# CLEVELAND Mega MoB Pre-Herf: Friday, May 18th



## trogdor (Aug 14, 2006)

JPH, Salty McGee, and I are carpooling to Chicago on the morning of the 19th, so a pre-herf sounded good for the night before.

*Who:* Anyone up for a herf!
*Where:* Cleveland LCDT (La Casa del Trogdor) PM me for the address if you need it
*When:* Friday, May 18th, 7PM

Jeremy said he knows of some really good pizza, so we'll chow on that. I'll have a small selection of beer and a large selection of good liquor to drink. And, uh, we'll be smoking a bunch of cigars to get ready for smoking a bunch of cigars.

*:ss and:al List:*
*Trogdor
JPH
Salty McGee*


----------



## Twill413 (Jul 19, 2006)

It just does not stop...insanity I tell you! Have fun guys.


----------



## JPH (Jun 30, 2006)

If your not going to the MOB......Come on by so we can rub it in!!!!...and enjoy a cigar with us.


----------



## SaltyMcGee (Dec 15, 2006)

JPH said:


> If your not going to the MOB......Come on by so we can rub it in!!!!...and enjoy a cigar with us.
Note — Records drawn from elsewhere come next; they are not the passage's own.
-- ===== src/Xtask/Machine.antt =====
-- The host that the task runner works on: its commands, its files and its clock. They are parameters.
-- The runner keeps them as a state, with the commands that it ran.
use bouclier_bleu.Base.{ℕ, String, Bool, Option, List, [], ◌∷◌, ◌++◌, Text, codes, Line, lit, str}
use bouclier_bleu.Reader.{Bytes}
use bouclier_bleu.Exec.{Exec}

-- `std::process::Output`; there is no code where a signal ended the command.
pub record Output : Type 0 where
  pub is_success : Bool
  pub code : Option ℕ
  pub stdout : Bytes
  pub stderr : Bytes

-- A `DirEntry` with what `Path` makes of it.
pub record Entry : Type 0 where
  pub path : Text
  pub file_name : Text
  pub file_stem : Text
  pub extension : Option Text
  pub is_file : Bool

-- The commands of utils.rs, vm.rs and runner.rs, each with what varies.
pub data Command : Type 0 where
  image_info : Text → Command
  image_import : Text → Text → Command
  sha256sum : Text → Command
  alias_create : Text → Text → Command
  delete : Command
  launch : Text → Command
  profile_show profile_copy device_remove profile_assign ip_link : Command
  tar file_push : Text → Command
  -- `incus exec VM -- bash -c`
  guest : Line → Command
  echo_ready cat_benchmark : Command
  restart stop stop_force start : Command
  snapshot_create snapshot_restore : Command
  build_image : Text → Text → Command

abbrev pub vm_name : String
vm_name = "bb-test-runner"

abbrev pub snapshot_name : String
snapshot_name = "clean-state"

-- Arguments that are written out.
abbrev words : List String → List Line
words [] = []
words (w ∷ rest) = (lit w ∷ []) ∷ words rest

abbrev word : Text → Line
word text = str text ∷ []

-- The program and its arguments.
unfoldable pub argv : Command → List Line
argv (image_info image_alias) = words ("incus" ∷ "image" ∷ "info" ∷ []) ++ word image_alias ∷ []
argv (image_import img image_alias) =
    words ("incus" ∷ "image" ∷ "import" ∷ [])
    ++ word img ∷ (lit "--alias" ∷ []) ∷ word image_alias ∷ []
argv (sha256sum img) = (lit "sha256sum" ∷ []) ∷ word img ∷ []
argv (alias_create image_alias fingerprint) =
    words ("incus" ∷ "image" ∷ "alias" ∷ "create" ∷ []) ++ word image_alias ∷ word fingerprint ∷ []
argv delete = words ("incus" ∷ "delete" ∷ vm_name ∷ "--force" ∷ [])
argv (launch image_alias) =
    words ("incus" ∷ "launch" ∷ [])
    ++ word image_alias
      ∷ words (
          vm_name ∷ "--vm" ∷ "-c" ∷ "security.secureboot=false" ∷ "-c" ∷ "limits.cpu=4" ∷ "-c"
          ∷ "limits.memory=8GB" ∷ [])
argv profile_show = words ("incus" ∷ "profile" ∷ "show" ∷ "bb-no-network" ∷ [])
argv profile_copy = words ("incus" ∷ "profile" ∷ "copy" ∷ "default" ∷ "bb-no-network" ∷ [])
argv device_remove =
    words ("incus" ∷ "profile" ∷ "device" ∷ "remove" ∷ "bb-no-network" ∷ "eth0" ∷ [])
argv profile_assign = words ("incus" ∷ "profile" ∷ "assign" ∷ vm_name ∷ "bb-no-network" ∷ [])
argv ip_link = words ("incus" ∷ "exec" ∷ vm_name ∷ "--" ∷ "ip" ∷ "-o" ∷ "link" ∷ "show" ∷ [])
argv (tar tarball) =
    words ("tar" ∷ "--exclude=target" ∷ "--exclude=.git" ∷ "--exclude=*.tar.*" ∷ "-czf" ∷ [])
    ++ word tarball ∷ (lit "." ∷ []) ∷ []
argv (file_push tarball) =
    words ("incus" ∷ "file" ∷ "push" ∷ [])
    ++ word tarball ∷ (lit vm_name ∷ lit "/root/src-bundle.tar.gz" ∷ []) ∷ []
argv (guest script) = words ("incus" ∷ "exec" ∷ vm_name ∷ "--" ∷ "bash" ∷ "-c" ∷ []) ++ script ∷ []
argv echo_ready = words ("incus" ∷ "exec" ∷ vm_name ∷ "--" ∷ "echo" ∷ "ready" ∷ [])
argv cat_benchmark =
    words ("incus" ∷ "exec" ∷ vm_name ∷ "--" ∷ "cat" ∷ "/workspace/benchmark_results.md" ∷ [])
argv restart = words ("incus" ∷ "restart" ∷ vm_name ∷ [])
argv stop = words ("incus" ∷ "stop" ∷ vm_name ∷ [])
argv stop_force = words ("incus" ∷ "stop" ∷ vm_name ∷ "--force" ∷ [])
argv start = words ("incus" ∷ "start" ∷ vm_name ∷ [])
argv snapshot_create = words ("incus" ∷ "snapshot" ∷ "create" ∷ vm_name ∷ snapshot_name ∷ [])
argv snapshot_restore = words ("incus" ∷ "snapshot" ∷ "restore" ∷ vm_name ∷ snapshot_name ∷ [])
argv (build_image script image_alias) =
    (lit "bash" ∷ []) ∷ word script ∷ words ("-os" ∷ "ubuntu" ∷ "-out" ∷ [])
    ++ word image_alias ∷ []

-- The host. `run` takes the directory that is set and the arguments, and gives no output where the
-- command could not be started. The clock counts nanoseconds.
pub record Machine : Type 1 where
  pub State : Type 0
  pub root : Text
  pub temp_dir : Text
  pub run : Option Text → List Line → State → Option Output × State
  pub sleep : ℕ → State → State
  pub now : State → ℕ
  pub exists : Text → State → Bool
  pub read_dir : Text → State → Option (List (Option Entry))
  pub read_to_string : Text → State → Option Text
  pub write : Text → Text → State → Bool × State
  pub append : Text → Text → State → Bool × State
  pub remove_file : Text → State → Bool × State
  -- `{:.2}` of a duration in seconds
  pub format_secs : ℕ → Text

-- A command and its result.
abbrev pub Call : Type 0
Call = Command × Option Output

-- The host, and the commands that were run, the latest first.
pub record Job (S : Type 0) : Type 0 where
  pub host : S
  pub calls : List Call

-- How a task ends that does not end well: with an error, a panic, or the end of the process.
pub data Failure : Type 0 where
  failed : Line → Failure
  panicked : Failure
  exits : ℕ → Failure

module _ (m : Machine) where
  abbrev pub Task : Type 0 → Type 0
  Task A = Exec (Job m.State) Failure A

  -- `Path::join`
  abbrev pub join : Text → String → Text
  join path name = path ++ codes "/" ++ codes name
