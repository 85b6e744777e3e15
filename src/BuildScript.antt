-- ===== src/BuildScript.antt =====
-- The build script core/build.rs: it brings the kernel's types, compiles every C file of the
-- directory bpf, and writes the loader that knows a skeleton for each of them.
pub mod Names
pub mod Steps
pub mod Loading
pub mod Loader
use bouclier_bleu.Base.{
  ℕ, ◌==◌, ◌&&◌, not, Bool, true, false, Option, none, some, List, [], ◌∷◌, ◌++◌, map, Text, codes,
  text_eq, split, Line, lit, str, Outcome, ok, err, if◌then◌else◌,
}
use bouclier_bleu.Base.Utf8.{from_utf8_lossy}
use bouclier_bleu.Reader.{Bytes}
use bouclier_bleu.Exec.{Exec, pure, fail, unless, ◌>>=◌, ◌>>◌}
use bouclier_bleu.Xtask.Machine.{Output}

-- What the loader holds for one C file: the name of its module, the file of its skeleton, and the
-- types in it.
pub record ModuleNames : Type 0 where
  pub mod_ident : Text
  pub skel_name : Text
  pub builder_ident : Text
  pub skel_ident : Text

-- An entry of the directory: its name, whether it is UTF-8, and whether it is a regular file.
pub record BpfFile : Type 0 where
  pub name : Text
  pub is_utf8 : Bool
  pub is_file : Bool

-- The machine that builds, the clang and bpftool behind `SkeletonBuilder`, the identifiers that
-- `format_ident` takes, the upper case of Unicode, and the code that `quote` writes.
pub record Toolchain : Type 1 where
  pub State : Type 0
  pub exists : Text → State → Bool
  pub create_dir_all : Text → State → Bool × State
  pub copy : Text → Text → State → Bool × State
  pub run : List Text → State → Option Output × State
  pub write : Text → Bytes → State → Bool × State
  pub read_dir : Text → State → Option (List (Option BpfFile))
  pub build_and_generate : Text → List Text → Text → State → Outcome Text (Unit {0}) × State
  pub is_ident : Text → Bool
  pub to_uppercase : ℕ → Text
  pub render : List ModuleNames → Bytes

-- The variables that the script reads.
pub record Variables : Type 0 where
  pub out_dir : Option Text
  pub vmlinux_h_path : Option Text

-- `str::ends_with` a text.
unfoldable pub ends_with : Text → Text → Bool
ends_with [] part = text_eq [] part
ends_with (c ∷ cs) part =
    let shorter = ends_with cs part in if text_eq (c ∷ cs) part then true else shorter

-- `trim_end_matches` with a text: every copy of it at the end goes.
unfoldable pub trim_end_matches : Text → Text → Text
trim_end_matches [] part = []
trim_end_matches (c ∷ cs) part =
    let kept = c ∷ trim_end_matches cs part in if text_eq kept part then [] else kept

abbrev pub or_else : {A : Type 0} → Option A → Option A → Option A
or_else none o = o
or_else (some a) o = some a

abbrev pub concat : List Text → Text
concat [] = []
concat (t ∷ ts) = t ++ concat ts

-- `Path::extension`: what follows the last dot, if something stands before that dot.
unfoldable pub extension_from : Bool → Text → Option Text
extension_from seen [] = none
extension_from seen (c ∷ cs) =
    let later = extension_from true cs in
    if c == b'.' then or_else later (if seen then some cs else none) else later

unfoldable pub has_extension : Text → Text → Bool
unfolding extension_from
has_extension wanted name = elim (extension_from false name) [
  | none ↦ text_eq [] wanted
  | some e ↦ text_eq e wanted
]

-- `Path::join` with a name that is not absolute.
abbrev pub join : Text → Text → Text
join dir name = dir ++ b'/' ∷ name

abbrev pub suffix : Text
suffix = codes ".bpf.c"

abbrev pub bpf_dir : Text
bpf_dir = codes "../bpf"

abbrev pub bpf_include_dir : Text
bpf_include_dir = join bpf_dir (codes "include")

abbrev pub vmlinux_path : Text
vmlinux_path = join bpf_include_dir (codes "vmlinux.h")

module _ (tools : Toolchain) where
  open tools use {State, to_uppercase, is_ident}

  -- One word: its first character in upper case.
  unfoldable pub capitalized : Text → Text
  capitalized [] = []
  capitalized (c ∷ cs) = to_uppercase c ++ cs

  unfoldable pub snake_to_camel : Text → Text
  unfolding capitalized
  snake_to_camel s = concat (map capitalized (split b'_' s))

  -- The state of the machine, and the lines for cargo.
  pub record Build : Type 0 where
    pub out : List Line
    pub machine : State

  -- An action of the script; its error is the message of a panic.
  abbrev pub Script : Type 0 → Type 0
  Script A = Exec Build Line A

  abbrev pub say : Line → Script (Unit {0})
  say line b = (ok tt, record b { out = b.out ++ line ∷ [] })

  -- A call that answers whether it succeeded, under `expect`.
  abbrev pub expects : Line → Bool × State → List Line → Outcome Line (Unit {0}) × Build
  expects message (true, m) lines = (ok tt, record { out = lines; machine = m })
  expects message (false, m) lines = (err message, record { out = lines; machine = m })

  abbrev pub expect : Line → (State → Bool × State) → Script (Unit {0})
  expect message call b = expects message (call b.machine) b.out

  abbrev pub given : {A : Type 0} → Line → Option A → Script A
  given message none = fail message
  given message (some a) = pure a

  unfoldable pub include_dir : Script (Unit {0})
  include_dir b =
      if tools.exists bpf_include_dir b.machine
      then (ok tt, b)
      else expect (lit "Failed to construct ../bpf/include directory" ∷ [])
          (tools.create_dir_all bpf_include_dir) b

  abbrev pub ran : Option Output × State → List Line → Outcome Line Output × Build
  ran (none, m) lines = (
    err (lit "Failed to execute bpftool. Is linux-tools-common installed?" ∷ []),
    record { out = lines; machine = m },
  )
  ran (some o, m) lines = (ok o, record { out = lines; machine = m })

  unfoldable pub bpftool : Script Output
  bpftool b =
      ran
        (tools.run
          (map codes
            ("bpftool" ∷ "btf" ∷ "dump" ∷ "file" ∷ "/sys/kernel/btf/vmlinux" ∷ "format" ∷ "c" ∷ []))
          b.machine)
        b.out

  -- The types of the kernel: a file that the environment names, or what bpftool prints.
  unfoldable pub vmlinux : Option Text → Script (Unit {0})
  unfolding bpftool ◌>>=◌
  vmlinux (some pre_generated) = do
    say (lit "cargo:warning=Using pre-generated vmlinux.h from " ∷ str pre_generated ∷ [])
    expect (lit "Failed to copy pre-generated vmlinux.h" ∷ [])
        (tools.copy pre_generated vmlinux_path)
  vmlinux none = do
    o ← bpftool
    unless o.is_success (
        fail
          (lit "Failed to dump vmlinux.h. bpftool stderr: " ∷ str (from_utf8_lossy o.stderr) ∷ []))
    expect (lit "Failed to write dynamically generated vmlinux.h" ∷ [])
        (tools.write vmlinux_path o.stdout)

  abbrev pub built :
      Text → Outcome Text (Unit {0}) × State → List Line → Outcome Line (Unit {0}) × Build
  built file_name (ok done, m) lines = (ok tt, record { out = lines; machine = m })
  built file_name (err why, m) lines = (
    err (lit "Failed to compile " ∷ str file_name ∷ lit ": " ∷ str why ∷ []),
    record { out = lines; machine = m },
  )

  unfoldable pub compile : Text → Text → Text → Script (Unit {0})
  compile out_dir file_name skel_name b =
      built file_name
        (tools.build_and_generate (join bpf_dir file_name)
          ((codes "-I" ++ bpf_include_dir) ∷ (codes "-I" ++ out_dir) ∷ []) (join out_dir skel_name)
          b.machine)
        b.out

  -- `format_ident!`, which panics at what is no identifier.
  unfoldable pub format_ident : Text → Script Text
  format_ident name =
      if is_ident name then pure name else fail (str name ∷ lit " is not a valid Ident" ∷ [])

  -- A C file becomes a skeleton with the names of its types.
  unfoldable pub generate : Text → Text → Script ModuleNames
  unfolding compile format_ident snake_to_camel trim_end_matches ◌>>=◌
  generate out_dir file_name = do
    let base_name = trim_end_matches file_name suffix
    let skel_name = base_name ++ codes ".skel.rs"
    compile out_dir file_name skel_name
    mod_ident ← format_ident base_name
    builder_ident ← format_ident (snake_to_camel base_name ++ codes "SkelBuilder")
    skel_ident ← format_ident (snake_to_camel base_name ++ codes "Skel")
    pure (record {
      mod_ident = mod_ident;
      skel_name = skel_name;
      builder_ident = builder_ident;
      skel_ident = skel_ident;
    })

  -- The rest of the directory, and the module in front of those it gives.
  abbrev pub pushed : Script ModuleNames → Script (List ModuleNames) → Script (List ModuleNames)
  pushed task rest = do one ← task; others ← rest; pure (one ∷ others)

  -- The loop over the directory; an entry that cannot be read is a panic, and so is a C file's name
  -- that is not UTF-8.
  unfoldable pub scan : Text → List (Option BpfFile) → Script (List ModuleNames)
  unfolding generate has_extension ends_with
  scan out_dir [] = pure []
  scan out_dir (none ∷ rest) = fail (lit "called `Result::unwrap()` on an `Err` value" ∷ [])
  scan out_dir (some e ∷ rest) =
      let others = scan out_dir rest in
      if e.is_file && has_extension (codes "c") e.name
      then if not e.is_utf8
        then fail (lit "called `Option::unwrap()` on a `None` value" ∷ [])
        else if ends_with e.name suffix
        then pushed (generate out_dir e.name) others
        else others
      else others

  unfoldable pub listing : Script (List (Option BpfFile))
  listing b = given (lit "Failed to read bpf dir" ∷ []) (tools.read_dir bpf_dir b.machine) b

  -- The loader is written for the modules.
  unfoldable pub store : Text → List ModuleNames → Script (List ModuleNames)
  unfolding ◌>>=◌
  store out_dir modules = do
    expect (lit "Failed to write bpf_loader.rs" ∷ [])
        (tools.write (join out_dir (codes "bpf_loader.rs")) (tools.render modules))
    pure modules

  -- `main`: the modules for which the loader was written.
  unfoldable pub main : Variables → Script (List ModuleNames)
  unfolding include_dir vmlinux listing scan store ◌>>=◌
  main vars = do
    out_dir ← given (lit "OUT_DIR must be set" ∷ []) vars.out_dir
    say (lit "cargo:rerun-if-changed=../bpf" ∷ [])
    include_dir
    vmlinux vars.vmlinux_h_path
    entries ← listing
    modules ← scan out_dir entries
    store out_dir modules

-- `available_modules` of the generated loader.
unfoldable pub available_modules : List ModuleNames → List Text
available_modules = map (λ m. m.mod_ident)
Nah.....we won't rub it in................much! :cb :ss :w


----------



## backwoods (Sep 15, 2005)

JPH said:


> If your not going to the MOB......Come on by so we can rub it in!!!!...and enjoy a cigar with us.


that makes KingJames eligible :r :r

just kidding, Jim:tg ....dam sure wish you could make to the HERF


----------



## DETROITPHA357 (Jul 8, 2006)

I would love to make this one but I really need to be in Chicago Friday morning. Im trying to get my passport while im there U guys have fun:tu


----------



## Commander Quan (May 6, 2003)

Mark PM me your addy and maybe a cell phone number I won't get there till around 9 but I'll try to make it


----------



## trogdor (Aug 14, 2006)

Commander Quan said:


> Mark PM me your addy and maybe a cell phone number I won't get there till around 9 but I'll try to make it


There'll be plenty of herfing after 9!

(unless we all decide to start by smoking fresh Anejos and JDN Antanos and u from the vitamin N)
:r

There may be a running joke here somewhere about someone and vomiting, but I can't remember what it might be...


----------



## icehog3 (Feb 20, 2005)

Makes me want to go to Cleveland the 18th, but they are making me work one day that week....you all have fun!! :ss


----------



## JPH (Jun 30, 2006)

trogdor said:


> There'll be plenty of herfing after 9!
> 
> (unless we all decide to start by smoking fresh Anejos and JDN Antanos and u from the vitamin N)
> :r
> ...


Oh Marc, funny guy, funny guy



Commander Quan said:


> Mark PM me your addy and maybe a cell phone number I won't get there till around 9 but I'll try to make it


Sweet man!



icehog3 said:


> Makes me want to go to Cleveland the 18th, but they are making me work one day that week....you all have fun!! :ss


We'll see ya Saturday!


----------



## SaltyMcGee (Dec 15, 2006)

Ain't no Pre-Herf like a Cleveland Pre-Herf!!!!


----------



## Da Klugs (Jan 8, 2005)

I'd be there, but I'm gonna be there. Chi that is, leaving friday afternoon.


----------



## SaltyMcGee (Dec 15, 2006)

Hello Cleveland????


----------



## JPH (Jun 30, 2006)

What do you guys think about making some Mojito's this Friday... seems easy enough...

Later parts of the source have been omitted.